Часть 1. В которой все и начинается.
Вокзал Пермь ??. 14.00. Дождь. Простой обыватель наблюдает происходящее на перроне. По перрону носятся люди с рюкзаками, непонятными огромными сумками, люди радостно взволнованы.
- Туристы – подумал обыватель.
А это были мы. И нам было хорошо.
Действие происходит в вагоне электрички. Вещи уже погружены.
- Девочки, можно я вам поручу. В этом пакете майки и кепки Пермских новостей. Они наш информационный спонсор, поэтому нужно распространить газеты - они у Саши - и сфотографироваться в этих майках.
- Хорошо
- Только, они очень просили не носить эти майки и кепки.
- ???
- Вы должны сфотографироваться, и все снять, что бы они остались чистыми.

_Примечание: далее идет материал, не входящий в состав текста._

-- ===== src/NodeObject.antt =====
-- Node objects: how they are built from what a base announces (`createVNode` of
-- vnode_controller/vnode_controller.go, `NewVNode` and `buildNode` of provider/vnode.go, `NewNode` of
-- virtual_kubelet/node/nodeutil/controller.go), read back when the program starts
-- (`ConvertNodeToNodeInfo` of common/utils/utils.go) and merged with what a base reports
-- (`MergeNodeFromProvider`).
pub mod Merge
pub mod Restart
pub mod Tests
use virtual_kubelet.Common.{
  ℕ, Option, none, some, List, [], ◌∷◌, ◌++◌, pos, Text, text, Map, lookup, insert, insert_each,
  map, Error, message, if◌then◌else◌, ℤ,
}
use virtual_kubelet.Biz.{same_text}
use virtual_kubelet.Kube.Nodes.{
  Taint, NodeCondition, NodeAddress, KubeNode, NodeInfo, NodeResource, NodeStatusData,
  BuildVNodeConfig,
}

-- `OrElse` at the type at which it is used.
unfoldable pub or_else : Text → Text → Text
or_else value default = if same_text value [] then default else value

-- The value of a key of a Go map of strings: the empty string if there is none.
abbrev pub value_of : Option Text → Text
value_of none = []
value_of (some v) = v

abbrev pub condition : Text → Text → NodeCondition
condition kind status = record {
  kind = kind;
  status = status;
  last_heartbeat_time = pos 0;
  reason = [];
  message = [];
}

abbrev key_base_name : Text
key_base_name = text "base.koupleless.io/name"

abbrev key_cluster_name : Text
key_cluster_name = text "base.koupleless.io/cluster-name"

abbrev key_base_version : Text
key_base_version = text "base.koupleless.io/version"

abbrev pub vnode_taint : Taint
vnode_taint = record {
  key = text "schedule.koupleless.io/virtual-node";
  value = text "True";
  effect = text "NoExecute";
}

abbrev pub env_taint : Text → Taint
env_taint env = record {
  key = text "schedule.koupleless.io/node-env";
  value = env;
  effect = text "NoExecute";
}

-- The labels of a virtual node before the custom ones.
unfoldable pub node_labels : BuildVNodeConfig → Map Text → Map Text
unfolding insert
node_labels config labels = insert (text "base.koupleless.io/host-name") config.base_host_name (
    insert (text "kubernetes.io/hostname") config.base_host_name (
      insert key_base_version config.node_version (
        insert (text "virtual-kubelet.koupleless.io/env") config.env (
          insert (text "virtual-kubelet.koupleless.io/component") (text "vnode") (
            insert key_cluster_name config.cluster_name
              (insert key_base_name config.base_name labels))))))

unfoldable pub build_node : BuildVNodeConfig → KubeNode → KubeNode
unfolding node_labels insert_each or_else
build_node config node = record node {
  labels = insert_each (λ v. v) config.custom_labels (node_labels config node.labels);
  annotations = insert_each (λ v. v) config.custom_annotations node.annotations;
  taints = vnode_taint ∷ env_taint config.env ∷ config.custom_taints;
  status = record {
    phase = text "Running";
    addresses =
        record { kind = text "InternalIP"; address = or_else config.node_ip config.base_ip }
        ∷ record { kind = text "Hostname"; address = config.base_host_name }
        ∷ [];
    conditions =
        condition (text "Ready") (text "True")
        ∷ condition (text "MemoryPressure") (text "False")
        ∷ condition (text "DiskPressure") (text "False")
        ∷ condition (text "PIDPressure") (text "False")
        ∷ condition (text "NetworkUnavailable") (text "False")
        ∷ [];
    capacity = (text "pods", text "65535") ∷ [];
    allocatable = (text "pods", text "65535") ∷ [];
    architecture = [];
    operating_system = [];
  };
}

-- The node that `NewNode` hands to its options.
unfoldable pub default_node : Text → KubeNode
default_node name = record {
  namespace = [];
  name = name;
  uid = [];
  resource_version = [];
  labels =
      (text "type", text "virtual-kubelet")
      ∷ (text "kubernetes.io/role", text "agent")
      ∷ (text "kubernetes.io/hostname", name)
      ∷ [];
  annotations = [];
  taints = [];
  status = record {
    phase = text "Pending";
    addresses = [];
    conditions =
        condition (text "Ready") []
        ∷ condition (text "DiskPressure") []
        ∷ condition (text "MemoryPressure") []
        ∷ condition (text "PIDPressure") []
        ∷ condition (text "NetworkUnavailable") []
        ∷ [];
    capacity = [];
    allocatable = [];
    architecture = [];
    operating_system = [];
  };
}

unfoldable pub set_architecture : Text → Text → KubeNode → KubeNode
set_architecture architecture operating_system node = record node {
  status = record node.status { architecture = architecture; operating_system = operating_system };
}

pub data NewResult : Type 0 where
  made : KubeNode → NewResult
  refused : Error → NewResult

-- `NewVNode` as far as the node object goes; the options run in this order.
unfoldable pub new_v_node : Text → Text → BuildVNodeConfig → NewResult
unfolding build_node set_architecture default_node
new_v_node architecture operating_system config =
    if same_text config.node_name []
    then refused (message (text "node name cannot be empty"))
    else made (
        build_node config
          (set_architecture architecture operating_system (default_node config.node_name)))

-- What the controller adds to the announcement of a base.
pub record Settings : Type 0 where
  pub pseudo_node_ip : Text
  pub v_pod_type : Text
  pub env : Text
  pub worker_num : ℤ

-- The configuration that `createVNode` builds.
unfoldable pub config_of : Settings → NodeInfo → BuildVNodeConfig
config_of settings info = record {
  base_ip = if same_text info.node_ip [] then text "127.0.0.1" else info.node_ip;
  base_host_name = info.host_name;
  node_ip = settings.pseudo_node_ip;
  node_name = info.name;
  node_version = info.version;
  base_name = info.base_name;
  v_pod_type = settings.v_pod_type;
  cluster_name = info.cluster_name;
  env = settings.env;
  custom_taints = info.custom_taints;
  custom_labels = info.custom_labels;
  custom_annotations = info.custom_annotations;
  worker_num = settings.worker_num;
}

-- The internal IP and the host name; the last address of a kind counts.
unfoldable pub scan_addresses : List NodeAddress → Text → Text → Text × Text
scan_addresses [] ip host = (ip, host)
scan_addresses (a ∷ rest) ip host =
    let with_ip = scan_addresses rest a.address host in
    let with_host = scan_addresses rest ip a.address in
    let other = scan_addresses rest ip host in
    if same_text a.kind (text "InternalIP")
    then with_ip
    else if same_text a.kind (text "Hostname")
    then with_host
    else other

unfoldable pub convert_node_to_node_info : KubeNode → NodeInfo
unfolding scan_addresses lookup
convert_node_to_node_info node =
    let (ip, host) = scan_addresses node.status.addresses (text "127.0.0.1") (text "unknown") in
    record {
      name = node.name;
      base_name = value_of (lookup key_base_name node.labels);
      version = value_of (lookup key_base_version node.labels);
      cluster_name = value_of (lookup key_cluster_name node.labels);
      node_ip = ip;
      host_name = host;
      custom_taints = node.taints;
      custom_labels = node.labels;
      custom_annotations = node.annotations;
      state = text "ACTIVATED";
    }

unfoldable pub standard_conditions : Map NodeCondition
standard_conditions =
    (text "Ready", condition (text "Ready") (text "True"))
    ∷ (text "MemoryPressure", condition (text "MemoryPressure") (text "False"))
    ∷ (text "DiskPressure", condition (text "DiskPressure") (text "False"))
    ∷ (text "PIDPressure", condition (text "PIDPressure") (text "False"))
    ∷ (text "NetworkUnavailable", condition (text "NetworkUnavailable") (text "False"))
    ∷ []

-- `conditionMap[c.Type] = c` for each of the conditions.
unfoldable pub add_conditions : List NodeCondition → Map NodeCondition → Map NodeCondition
unfolding insert
add_conditions [] m = m
add_conditions (c ∷ cs) m = add_conditions cs (insert c.kind c m)

unfoldable pub merge_node_from_provider : KubeNode → NodeStatusData → KubeNode
unfolding add_conditions standard_conditions insert_each
merge_node_from_provider node report = record node {
  status = record node.status {
    phase = text "Running";
    conditions = map (λ e. e.1) (add_conditions report.custom_conditions standard_conditions);
    capacity = insert_each (λ r. r.capacity) report.resources node.status.capacity;
    allocatable = insert_each (λ r. r.allocatable) report.resources node.status.allocatable;
  };
}
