-- ===== src/NodeSync.antt =====
-- The node controller of virtual_kubelet/node/node.go, which registers a node with Kubernetes and
-- keeps its status there in line with the provider. The Kubernetes client, `RetryOnConflict` of
-- client-go and the handler of update errors are parameters.
pub mod Loop
pub mod Answers
pub mod Trace
pub mod Follow
pub mod Reports
pub mod Tests
use virtual_kubelet.Common.{
  ℕ, zero, suc, ◌<◌, ◌≡◌, Bool, true, false, Option, none, some, List, [], ◌∷◌, ℤ, Text, text, map,
  Error, is_not_found, is_conflict, wrapped, if◌then◌else◌,
}
use virtual_kubelet.Kube.Nodes.{NodeCondition, KubeNode, NodeStatusData}
use virtual_kubelet.NodeObject.{merge_node_from_provider}
use virtual_kubelet.Pods.{Outcome, ok, panic, error}

-- What Kubernetes answers: the node, or an error.
pub data Answer : Type 0 where
  answered : KubeNode → Answer
  failed : Error → Answer

-- The node part of the API server, with a state `S` that other clients may change too. A patch is of
-- the status, with the new node and the one it starts from.
pub record Api (S : Type 0) : Type 0 where
  pub get : Text → Text → S → Answer × S
  pub patch_status : KubeNode → KubeNode → S → Answer × S
  pub create : KubeNode → S → Answer × S

-- A call, with its answer.
pub data Call : Type 0 where
  got : Answer → Call
  patched : KubeNode → KubeNode → Answer → Call
  created : KubeNode → Answer → Call

-- What the closure that is retried changes; `updated` is its variable `updatedNode`, `calls` has the
-- latest call first.
pub record Attempt (S : Type 0) : Type 0 where
  pub server : S
  pub calls : List Call
  pub updated : Option KubeNode

module _ {T : Type 0} (f : T → Option Error × T) where
  -- What is returned if the function is run again that many times.
  abbrev pub rerun : ℕ → T → Option Error × T
  rerun zero s = f s
  rerun (suc k) s = rerun k (f s).1

  abbrev pub is_conflicting : Option Error → Bool
  is_conflicting none = false
  is_conflicting (some e) = is_conflict e

  -- That many runs end in a conflict.
  abbrev pub Conflicts : ℕ → T → Type 0
  Conflicts zero s = Unit {0}
  Conflicts (suc k) s = (is_conflicting (f s).0 ≡ true) × Conflicts k (f s).1

-- `RetryOnConflict` with `DefaultRetry`: the function is run again only after a conflict, at most
-- five times in all, and the result is that of the last run.
pub record RetryOnConflict (T : Type 0) : Type 0 where
  pub run : (T → Option Error × T) → T → Option Error × T
  pub law :
      (f : T → Option Error × T) (s : T)
      → (k : ℕ) × (k < 5) × Conflicts f k s × (run f s ≡ rerun f k s)

-- `providerNode` of `Run`, the field `serverNode`, the server, and the calls so far, latest first.
pub record Controller (S : Type 0) : Type 0 where
  pub provider_node : KubeNode
  pub server_node : KubeNode
  pub server : S
  pub calls : List Call

abbrev pub beat : ℤ → NodeCondition → NodeCondition
beat now c = record c { last_heartbeat_time = now }

unfoldable pub update_node_status_heartbeat : ℤ → KubeNode → KubeNode
update_node_status_heartbeat now node = record node {
  status = record node.status { conditions = map (beat now) node.status.conditions };
}

-- A panic is on a nil `updatedNode`.
pub data Updated : Type 0 where
  updated_to : KubeNode → Updated
  update_failed : Error → Updated
  update_panic : Updated

module _ {S : Type 0} (api : Api S) where
  unfoldable pub after_patch : Attempt S → Answer → Option Error × Attempt S
  after_patch a (answered node) = (none, record a { updated = some node })
  after_patch a (failed e) = (some e, a)

  unfoldable pub after_get : KubeNode → Answer → Attempt S → Option Error × Attempt S
  unfolding after_patch
  after_get node (failed e) a = (some e, a)
  after_get node (answered base) a =
      let (answer, server) = api.patch_status node base a.server in
      after_patch
        (record {
          server = server;
          calls = patched node base answer ∷ a.calls;
          updated = some node;
        })
        answer

  -- The closure that `updateNodeStatus` retries.
  unfoldable pub update_once : KubeNode → Attempt S → Option Error × Attempt S
  unfolding after_get
  update_once node a =
      let (answer, server) = api.get node.namespace node.name a.server in
      after_get node answer
        (record { server = server; calls = got answer ∷ a.calls; updated = a.updated })

  module _ (retry : RetryOnConflict (Attempt S)) where
    unfoldable pub result_of : Option Error → Option KubeNode → Updated
    result_of (some e) updated = update_failed e
    result_of none (some node) = updated_to node
    result_of none none = update_panic

    unfoldable pub update_node_status : KubeNode → S → List Call → Updated × S × List Call
    unfolding update_once result_of
    update_node_status node server calls =
        let (e, a) =
          retry.run (update_once node)
            (record { server = server; calls = calls; updated = none }) in
        (result_of e a.updated, a.server, a.calls)

    abbrev updating : Controller S → Updated × Controller S
    updating c =
        let (r, server, calls) = update_node_status c.provider_node c.server c.calls in
        (r, record c { server = server; calls = calls })

    unfoldable pub store_updated : Updated → Controller S → Outcome × Controller S
    store_updated (updated_to node) c = (ok, record c { server_node = node })
    store_updated (update_failed e) c = (error e, c)
    store_updated update_panic c = (panic, c)

    -- `nodeStatusUpdateErrorHandler`, which may ask Kubernetes itself.
    abbrev pub Handler : Type 0
    Handler = Error → S → Option Error × S

    unfoldable pub after_handler : Option Error → Controller S → Outcome × Controller S
    unfolding update_node_status store_updated
    after_handler (some e) c = (error e, c)
    after_handler none c = let (r, c') = updating c in store_updated r c'

    unfoldable pub handle_error : Option Handler → Error → Controller S → Outcome × Controller S
    unfolding after_handler
    handle_error none e c = (error e, c)
    handle_error (some handler) e c =
        let (e', server) = handler e c.server in after_handler e' (record c { server = server })

    unfoldable pub settle : Option Handler → Updated → Controller S → Outcome × Controller S
    unfolding handle_error store_updated
    settle handler (update_failed e) c = handle_error handler e c
    settle handler (updated_to node) c = store_updated (updated_to node) c
    settle handler update_panic c = store_updated update_panic c

    -- `skipErrorCb` is the handler `none`.
    unfoldable pub update_status : ℤ → Option Handler → Controller S → Outcome × Controller S
    unfolding update_node_status_heartbeat update_node_status settle
    update_status now handler c =
        let beaten = update_node_status_heartbeat now c.provider_node in
        let (r, c') = updating (record c { provider_node = beaten }) in settle handler r c'

    unfoldable pub after_create : Answer → Controller S → Outcome × Controller S
    after_create (failed e) c =
        (error (wrapped (text "error registering node with kubernetes") e), c)
    after_create (answered node) c = (
      ok,
      record c {
        server_node = node;
        provider_node = record c.provider_node {
          name = node.name;
          namespace = node.namespace;
          uid = node.uid;
        };
      },
    )

    unfoldable pub register : Controller S → Outcome × Controller S
    unfolding after_create
    register c =
        let (answer, server) = api.create c.server_node c.server in
        after_create answer
          (record c { server = server; calls = created c.server_node answer ∷ c.calls })

    unfoldable pub register_missing : Outcome → Controller S → Outcome × Controller S
    unfolding register
    register_missing ok c = (ok, c)
    register_missing panic c = (panic, c)
    register_missing (error e) c = if is_not_found e then register c else (error e, c)

    unfoldable pub ensure_node : ℤ → Controller S → Outcome × Controller S
    unfolding update_status register_missing
    ensure_node now c = let (r, c') = update_status now none c in register_missing r c'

- Хорошо, мы очень постараемся. Я буду держать этот пакет рядом с сердцем.
Спустя несколько минут.
- Витенька, нельзя это трогать. Этот кулек священен.
- Я очень люблю вещи с корпоративной символикой, я буду носить эту кепку.
- Витенька, но эти вещи бесценны, как ты можешь посягать на святое, ты должен падать ниц при виде их.
- Нет, Лер, надо веселиться, вернуть им все чистым и нетронутым, а одну кепку грязной, засаленной и пропахшей костром.
- Ага, а потом поместить ее в музей.
В паровозе, поглощая съестные запасы мы активно веселились, знакомились. Саша Захаров, болеющий головой, пытался спать.
Когда в районе станции Балмошная появился традиционный для электричек самодеятельный певец, у наших ребят появилось предложение: заплатить ему и взять с собой. Что бы песни пел.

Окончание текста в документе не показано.